Exercise requirements:
Write every record out again exactly as given.

Dataset extract:
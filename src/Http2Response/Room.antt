-- ===== src/Http2Response/Room.antt =====
-- The array of headers of a response in src/http2_response.c.
use mathlib.Core.List.{append-nil, append_assoc}
use emme.Prelude.{
  sym, ap, ◌∙◌, ◌<◌, ◌≤◌, ◌≡◌, refl, Bool, true, false, not, if◌then◌else◌, ltb, ◌&&◌, Option, none,
  some, List, [], ◌∷◌, ◌++◌, Bytes, codes, length, length-append, leb_ℤ, pos, pos_part,
  print_decimal, arith,
}
use emme.Config.Types.{SecurityHeader, SecurityHeadersConfig, CorsConfig}
use emme.Config.Numbers.{is_end}
use emme.Http2Response.{
  Http2Response, max_response_headers, h2_response_add_header, add_security_headers, add_if,
  add_cors_headers, with_cors, h2_response_add_security_headers,
}

-- The headers stay within the array, and those that were there stay in front.
pub record Grown (r s : Http2Response) : Type 0 where
  pub more : List SecurityHeader
  pub headers : s.headers ≡ r.headers ++ more
  pub room : length s.headers ≤ 16
  pub rest : (s.body ≡ r.body) × (s.body_len ≡ r.body_len) × (s.status_code ≡ r.status_code)

kept : (r : Http2Response) → length r.headers ≤ 16 → Grown r r
kept r h = record {
  more = [];
  headers = sym (append-nil r.headers);
  room = h;
  rest = (refl, refl, refl);
}

then-Grown : {r s t : Http2Response} → Grown r s → Grown s t → Grown r t
then-Grown {r} {s} {t} g h = record {
  more = g.more ++ h.more;
  headers = h.headers ∙ ap (λ hs. hs ++ h.more) g.headers ∙ append_assoc r.headers g.more h.more;
  room = h.room;
  rest = (h.rest.0 ∙ g.rest.0, h.rest.1 ∙ g.rest.1, h.rest.2 ∙ g.rest.2);
}

add_header-Grown :
    (r : Http2Response) (name value : Bytes)
    → length r.headers < 16
    → Grown r (h2_response_add_header r name value)
unfolding h2_response_add_header
add_header-Grown r name value h = record {
  more = record { name = name; value = value } ∷ [];
  headers = ground arith;
  room = ground (arith, length-append r.headers (record { name = name; value = value } ∷ []));
  rest = ground arith;
}

if_Grown :
    (r : Http2Response) (b : Bool) {s : Http2Response}
    → (b ≡ true → Grown r s)
    → length r.headers ≤ 16
    → Grown r (if b then s else r)
if_Grown r true g m = g refl
if_Grown r false g m = kept r m

add_if-Grown :
    (wanted : Bool) (name value : Bytes) (r : Http2Response)
    → length r.headers ≤ 16
    → Grown r (add_if wanted name value r)
unfolding add_if
add_if-Grown wanted name value r h =
    if_Grown r (wanted && ltb (length r.headers) max_response_headers)
      (λ e. add_header-Grown r name value (ground arith)) h

add_security_headers-Grown :
    (hs : List SecurityHeader) (r : Http2Response)
    → length r.headers ≤ 16
    → Grown r (add_security_headers hs r)
unfolding add_security_headers
add_security_headers-Grown [] r h = kept r h
add_security_headers-Grown (x ∷ hs) r h =
    if_Grown r (ltb (length r.headers) max_response_headers)
      (λ e.
        let g = add_header-Grown r x.name x.value (ground arith) in
        then-Grown g (add_security_headers-Grown hs _ g.room))
      h

add_cors_headers-Grown :
    (cors : CorsConfig) (r : Http2Response)
    → length r.headers ≤ 16
    → Grown r (add_cors_headers cors r)
unfolding add_cors_headers
add_cors_headers-Grown cors r h =
    let origin =
      add_if-Grown (not (is_end cors.allow_origin)) (codes "Access-Control-Allow-Origin")
        cors.allow_origin r h in
    let methods =
      add_if-Grown (not (is_end cors.allow_methods)) (codes "Access-Control-Allow-Methods")
        cors.allow_methods _ origin.room in
    let fields =
      add_if-Grown (not (is_end cors.allow_headers)) (codes "Access-Control-Allow-Headers")
        cors.allow_headers _ methods.room in
    let credentials =
      add_if-Grown cors.allow_credentials (codes "Access-Control-Allow-Credentials") (codes "true")
        _ fields.room in
    then-Grown origin (
      then-Grown methods (
        then-Grown fields (
          then-Grown credentials (
            add_if-Grown (not (leb_ℤ cors.max_age_seconds (pos 0))) (codes "Access-Control-Max-Age")
              (print_decimal (pos_part cors.max_age_seconds)) _ credentials.room))))

with_cors-Grown :
    (cors : Option CorsConfig) (r : Http2Response)
    → length r.headers ≤ 16
    → Grown r (with_cors cors r)
unfolding with_cors
with_cors-Grown none r h = kept r h
with_cors-Grown (some cors) r h = if_Grown r cors.enabled (λ e. add_cors_headers-Grown cors r h) h

-- `h2_response_add_security_headers` adds headers behind those that a response has, never more than the 16
-- that there is room for, and touches neither the body nor the status.
pub h2_response_add_security_headers-Grown :
    (r : Http2Response) (config : SecurityHeadersConfig) (cors : Option CorsConfig)
    → length r.headers ≤ 16
    → Grown r (h2_response_add_security_headers r config cors)
unfolding h2_response_add_security_headers
h2_response_add_security_headers-Grown r config cors h =
    let added = add_security_headers-Grown config.headers r h in
    if_Grown r config.enabled (λ e. then-Grown added (with_cors-Grown cors _ added.room)) h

Result of the exercise:
filename src/Http2Response/Room.antt
-- ===== src/Http2Response/Room.antt =====
-- The array of headers of a response in src/http2_response.c.
use mathlib.Core.List.{append-nil, append_assoc}
use emme.Prelude.{
  sym, ap, ◌∙◌, ◌<◌, ◌≤◌, ◌≡◌, refl, Bool, true, false, not, if◌then◌else◌, ltb, ◌&&◌, Option, none,
  some, List, [], ◌∷◌, ◌++◌, Bytes, codes, length, length-append, leb_ℤ, pos, pos_part,
  print_decimal, arith,
}
use emme.Config.Types.{SecurityHeader, SecurityHeadersConfig, CorsConfig}
use emme.Config.Numbers.{is_end}
use emme.Http2Response.{
  Http2Response, max_response_headers, h2_response_add_header, add_security_headers, add_if,
  add_cors_headers, with_cors, h2_response_add_security_headers,
}

-- The headers stay within the array, and those that were there stay in front.
pub record Grown (r s : Http2Response) : Type 0 where
  pub more : List SecurityHeader
  pub headers : s.headers ≡ r.headers ++ more
  pub room : length s.headers ≤ 16
  pub rest : (s.body ≡ r.body) × (s.body_len ≡ r.body_len) × (s.status_code ≡ r.status_code)

kept : (r : Http2Response) → length r.headers ≤ 16 → Grown r r
kept r h = record {
  more = [];
  headers = sym (append-nil r.headers);
  room = h;
  rest = (refl, refl, refl);
}

then-Grown : {r s t : Http2Response} → Grown r s → Grown s t → Grown r t
then-Grown {r} {s} {t} g h = record {
  more = g.more ++ h.more;
  headers = h.headers ∙ ap (λ hs. hs ++ h.more) g.headers ∙ append_assoc r.headers g.more h.more;
  room = h.room;
  rest = (h.rest.0 ∙ g.rest.0, h.rest.1 ∙ g.rest.1, h.rest.2 ∙ g.rest.2);
}

add_header-Grown :
    (r : Http2Response) (name value : Bytes)
    → length r.headers < 16
    → Grown r (h2_response_add_header r name value)
unfolding h2_response_add_header
add_header-Grown r name value h = record {
  more = record { name = name; value = value } ∷ [];
  headers = ground arith;
  room = ground (arith, length-append r.headers (record { name = name; value = value } ∷ []));
  rest = ground arith;
}

if_Grown :
    (r : Http2Response) (b : Bool) {s : Http2Response}
    → (b ≡ true → Grown r s)
    → length r.headers ≤ 16
    → Grown r (if b then s else r)
if_Grown r true g m = g refl
if_Grown r false g m = kept r m

add_if-Grown :
    (wanted : Bool) (name value : Bytes) (r : Http2Response)
    → length r.headers ≤ 16
    → Grown r (add_if wanted name value r)
unfolding add_if
add_if-Grown wanted name value r h =
    if_Grown r (wanted && ltb (length r.headers) max_response_headers)
      (λ e. add_header-Grown r name value (ground arith)) h

add_security_headers-Grown :
    (hs : List SecurityHeader) (r : Http2Response)
    → length r.headers ≤ 16
    → Grown r (add_security_headers hs r)
unfolding add_security_headers
add_security_headers-Grown [] r h = kept r h
add_security_headers-Grown (x ∷ hs) r h =
    if_Grown r (ltb (length r.headers) max_response_headers)
      (λ e.
        let g = add_header-Grown r x.name x.value (ground arith) in
        then-Grown g (add_security_headers-Grown hs _ g.room))
      h

add_cors_headers-Grown :
    (cors : CorsConfig) (r : Http2Response)
    → length r.headers ≤ 16
    → Grown r (add_cors_headers cors r)
unfolding add_cors_headers
add_cors_headers-Grown cors r h =
    let origin =
      add_if-Grown (not (is_end cors.allow_origin)) (codes "Access-Control-Allow-Origin")
        cors.allow_origin r h in
    let methods =
      add_if-Grown (not (is_end cors.allow_methods)) (codes "Access-Control-Allow-Methods")
        cors.allow_methods _ origin.room in
    let fields =
      add_if-Grown (not (is_end cors.allow_headers)) (codes "Access-Control-Allow-Headers")
        cors.allow_headers _ methods.room in
    let credentials =
      add_if-Grown cors.allow_credentials (codes "Access-Control-Allow-Credentials") (codes "true")
        _ fields.room in
    then-Grown origin (
      then-Grown methods (
        then-Grown fields (
          then-Grown credentials (
            add_if-Grown (not (leb_ℤ cors.max_age_seconds (pos 0))) (codes "Access-Control-Max-Age")
              (print_decimal (pos_part cors.max_age_seconds)) _ credentials.room))))

with_cors-Grown :
    (cors : Option CorsConfig) (r : Http2Response)
    → length r.headers ≤ 16
    → Grown r (with_cors cors r)
unfolding with_cors
with_cors-Grown none r h = kept r h
with_cors-Grown (some cors) r h = if_Grown r cors.enabled (λ e. add_cors_headers-Grown cors r h) h

-- `h2_response_add_security_headers` adds headers behind those that a response has, never more than the 16
-- that there is room for, and touches neither the body nor the status.
pub h2_response_add_security_headers-Grown :
    (r : Http2Response) (config : SecurityHeadersConfig) (cors : Option CorsConfig)
    → length r.headers ≤ 16
    → Grown r (h2_response_add_security_headers r config cors)
unfolding h2_response_add_security_headers
h2_response_add_security_headers-Grown r config cors h =
    let added = add_security_headers-Grown config.headers r h in
    if_Grown r config.enabled (λ e. then-Grown added (with_cors-Grown cors _ added.room)) h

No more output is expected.